START Data listing

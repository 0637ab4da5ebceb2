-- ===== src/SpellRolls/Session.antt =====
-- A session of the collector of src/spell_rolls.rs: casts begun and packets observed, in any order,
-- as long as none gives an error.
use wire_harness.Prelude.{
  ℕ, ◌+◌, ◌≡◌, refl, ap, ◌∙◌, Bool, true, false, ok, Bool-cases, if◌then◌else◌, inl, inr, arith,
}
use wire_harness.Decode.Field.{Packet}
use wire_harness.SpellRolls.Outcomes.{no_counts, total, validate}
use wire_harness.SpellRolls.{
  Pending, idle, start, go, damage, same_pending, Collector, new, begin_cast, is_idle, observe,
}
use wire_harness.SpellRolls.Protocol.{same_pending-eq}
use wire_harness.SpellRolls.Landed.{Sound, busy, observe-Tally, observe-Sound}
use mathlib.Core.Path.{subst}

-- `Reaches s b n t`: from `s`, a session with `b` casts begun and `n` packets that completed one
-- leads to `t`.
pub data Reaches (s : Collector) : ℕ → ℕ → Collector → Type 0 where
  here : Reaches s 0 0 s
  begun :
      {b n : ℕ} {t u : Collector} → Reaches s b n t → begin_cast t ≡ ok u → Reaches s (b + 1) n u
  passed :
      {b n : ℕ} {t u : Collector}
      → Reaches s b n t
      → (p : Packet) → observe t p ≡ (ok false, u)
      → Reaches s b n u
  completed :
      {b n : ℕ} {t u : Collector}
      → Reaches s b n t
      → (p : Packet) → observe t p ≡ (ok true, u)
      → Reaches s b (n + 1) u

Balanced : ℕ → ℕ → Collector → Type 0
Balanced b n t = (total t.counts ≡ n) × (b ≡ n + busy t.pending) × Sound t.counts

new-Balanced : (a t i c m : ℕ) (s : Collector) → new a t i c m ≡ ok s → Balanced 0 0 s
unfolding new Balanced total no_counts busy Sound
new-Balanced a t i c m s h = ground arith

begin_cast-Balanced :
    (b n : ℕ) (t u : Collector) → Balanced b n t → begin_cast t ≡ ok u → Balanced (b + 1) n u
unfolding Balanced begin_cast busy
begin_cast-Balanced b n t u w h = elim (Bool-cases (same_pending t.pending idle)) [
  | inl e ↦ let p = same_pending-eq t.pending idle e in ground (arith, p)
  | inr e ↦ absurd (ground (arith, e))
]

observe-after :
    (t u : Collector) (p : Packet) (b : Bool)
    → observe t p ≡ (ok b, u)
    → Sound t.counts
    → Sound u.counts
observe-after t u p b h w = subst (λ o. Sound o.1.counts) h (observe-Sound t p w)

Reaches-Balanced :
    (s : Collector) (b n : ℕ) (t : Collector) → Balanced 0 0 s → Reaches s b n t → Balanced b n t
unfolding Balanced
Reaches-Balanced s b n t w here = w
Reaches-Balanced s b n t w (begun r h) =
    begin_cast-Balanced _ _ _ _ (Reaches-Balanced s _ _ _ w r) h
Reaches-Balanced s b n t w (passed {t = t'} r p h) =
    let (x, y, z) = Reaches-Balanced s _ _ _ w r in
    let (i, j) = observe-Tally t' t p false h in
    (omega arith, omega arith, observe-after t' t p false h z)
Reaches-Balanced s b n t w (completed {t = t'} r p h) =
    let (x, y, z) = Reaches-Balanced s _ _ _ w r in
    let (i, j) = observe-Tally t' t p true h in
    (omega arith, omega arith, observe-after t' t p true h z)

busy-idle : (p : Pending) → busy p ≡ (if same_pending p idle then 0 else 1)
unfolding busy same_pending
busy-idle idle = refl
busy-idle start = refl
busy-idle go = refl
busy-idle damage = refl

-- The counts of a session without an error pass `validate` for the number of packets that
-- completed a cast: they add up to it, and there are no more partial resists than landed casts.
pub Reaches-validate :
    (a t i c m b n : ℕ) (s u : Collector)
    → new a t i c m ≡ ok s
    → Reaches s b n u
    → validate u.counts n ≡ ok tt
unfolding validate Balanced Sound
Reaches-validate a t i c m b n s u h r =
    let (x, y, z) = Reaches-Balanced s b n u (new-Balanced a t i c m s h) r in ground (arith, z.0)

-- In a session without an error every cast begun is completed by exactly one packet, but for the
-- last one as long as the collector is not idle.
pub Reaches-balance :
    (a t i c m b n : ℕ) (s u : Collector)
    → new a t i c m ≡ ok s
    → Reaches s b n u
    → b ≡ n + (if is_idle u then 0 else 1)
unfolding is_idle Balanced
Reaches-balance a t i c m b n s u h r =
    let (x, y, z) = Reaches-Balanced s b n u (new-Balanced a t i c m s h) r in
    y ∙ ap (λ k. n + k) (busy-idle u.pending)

END Data listing

Please give back the entries above, unchanged and complete.

repository 0637ab4da5ebceb2
-- ===== src/SpellRolls/Session.antt =====
-- A session of the collector of src/spell_rolls.rs: casts begun and packets observed, in any order,
-- as long as none gives an error.
use wire_harness.Prelude.{
  ℕ, ◌+◌, ◌≡◌, refl, ap, ◌∙◌, Bool, true, false, ok, Bool-cases, if◌then◌else◌, inl, inr, arith,
}
use wire_harness.Decode.Field.{Packet}
use wire_harness.SpellRolls.Outcomes.{no_counts, total, validate}
use wire_harness.SpellRolls.{
  Pending, idle, start, go, damage, same_pending, Collector, new, begin_cast, is_idle, observe,
}
use wire_harness.SpellRolls.Protocol.{same_pending-eq}
use wire_harness.SpellRolls.Landed.{Sound, busy, observe-Tally, observe-Sound}
use mathlib.Core.Path.{subst}

-- `Reaches s b n t`: from `s`, a session with `b` casts begun and `n` packets that completed one
-- leads to `t`.
pub data Reaches (s : Collector) : ℕ → ℕ → Collector → Type 0 where
  here : Reaches s 0 0 s
  begun :
      {b n : ℕ} {t u : Collector} → Reaches s b n t → begin_cast t ≡ ok u → Reaches s (b + 1) n u
  passed :
      {b n : ℕ} {t u : Collector}
      → Reaches s b n t
      → (p : Packet) → observe t p ≡ (ok false, u)
      → Reaches s b n u
  completed :
      {b n : ℕ} {t u : Collector}
      → Reaches s b n t
      → (p : Packet) → observe t p ≡ (ok true, u)
      → Reaches s b (n + 1) u

Balanced : ℕ → ℕ → Collector → Type 0
Balanced b n t = (total t.counts ≡ n) × (b ≡ n + busy t.pending) × Sound t.counts

new-Balanced : (a t i c m : ℕ) (s : Collector) → new a t i c m ≡ ok s → Balanced 0 0 s
unfolding new Balanced total no_counts busy Sound
new-Balanced a t i c m s h = ground arith

begin_cast-Balanced :
    (b n : ℕ) (t u : Collector) → Balanced b n t → begin_cast t ≡ ok u → Balanced (b + 1) n u
unfolding Balanced begin_cast busy
begin_cast-Balanced b n t u w h = elim (Bool-cases (same_pending t.pending idle)) [
  | inl e ↦ let p = same_pending-eq t.pending idle e in ground (arith, p)
  | inr e ↦ absurd (ground (arith, e))
]

observe-after :
    (t u : Collector) (p : Packet) (b : Bool)
    → observe t p ≡ (ok b, u)
    → Sound t.counts
    → Sound u.counts
observe-after t u p b h w = subst (λ o. Sound o.1.counts) h (observe-Sound t p w)

Reaches-Balanced :
    (s : Collector) (b n : ℕ) (t : Collector) → Balanced 0 0 s → Reaches s b n t → Balanced b n t
unfolding Balanced
Reaches-Balanced s b n t w here = w
Reaches-Balanced s b n t w (begun r h) =
    begin_cast-Balanced _ _ _ _ (Reaches-Balanced s _ _ _ w r) h
Reaches-Balanced s b n t w (passed {t = t'} r p h) =
    let (x, y, z) = Reaches-Balanced s _ _ _ w r in
    let (i, j) = observe-Tally t' t p false h in
    (omega arith, omega arith, observe-after t' t p false h z)
Reaches-Balanced s b n t w (completed {t = t'} r p h) =
    let (x, y, z) = Reaches-Balanced s _ _ _ w r in
    let (i, j) = observe-Tally t' t p true h in
    (omega arith, omega arith, observe-after t' t p true h z)

busy-idle : (p : Pending) → busy p ≡ (if same_pending p idle then 0 else 1)
unfolding busy same_pending
busy-idle idle = refl
busy-idle start = refl
busy-idle go = refl
busy-idle damage = refl

-- The counts of a session without an error pass `validate` for the number of packets that
-- completed a cast: they add up to it, and there are no more partial resists than landed casts.
pub Reaches-validate :
    (a t i c m b n : ℕ) (s u : Collector)
    → new a t i c m ≡ ok s
    → Reaches s b n u
    → validate u.counts n ≡ ok tt
unfolding validate Balanced Sound
Reaches-validate a t i c m b n s u h r =
    let (x, y, z) = Reaches-Balanced s b n u (new-Balanced a t i c m s h) r in ground (arith, z.0)

-- In a session without an error every cast begun is completed by exactly one packet, but for the
-- last one as long as the collector is not idle.
pub Reaches-balance :
    (a t i c m b n : ℕ) (s u : Collector)
    → new a t i c m ≡ ok s
    → Reaches s b n u
    → b ≡ n + (if is_idle u then 0 else 1)
unfolding is_idle Balanced
Reaches-balance a t i c m b n s u h r =
    let (x, y, z) = Reaches-Balanced s b n u (new-Balanced a t i c m s h) r in
    y ∙ ap (λ k. n + k) (busy-idle u.pending)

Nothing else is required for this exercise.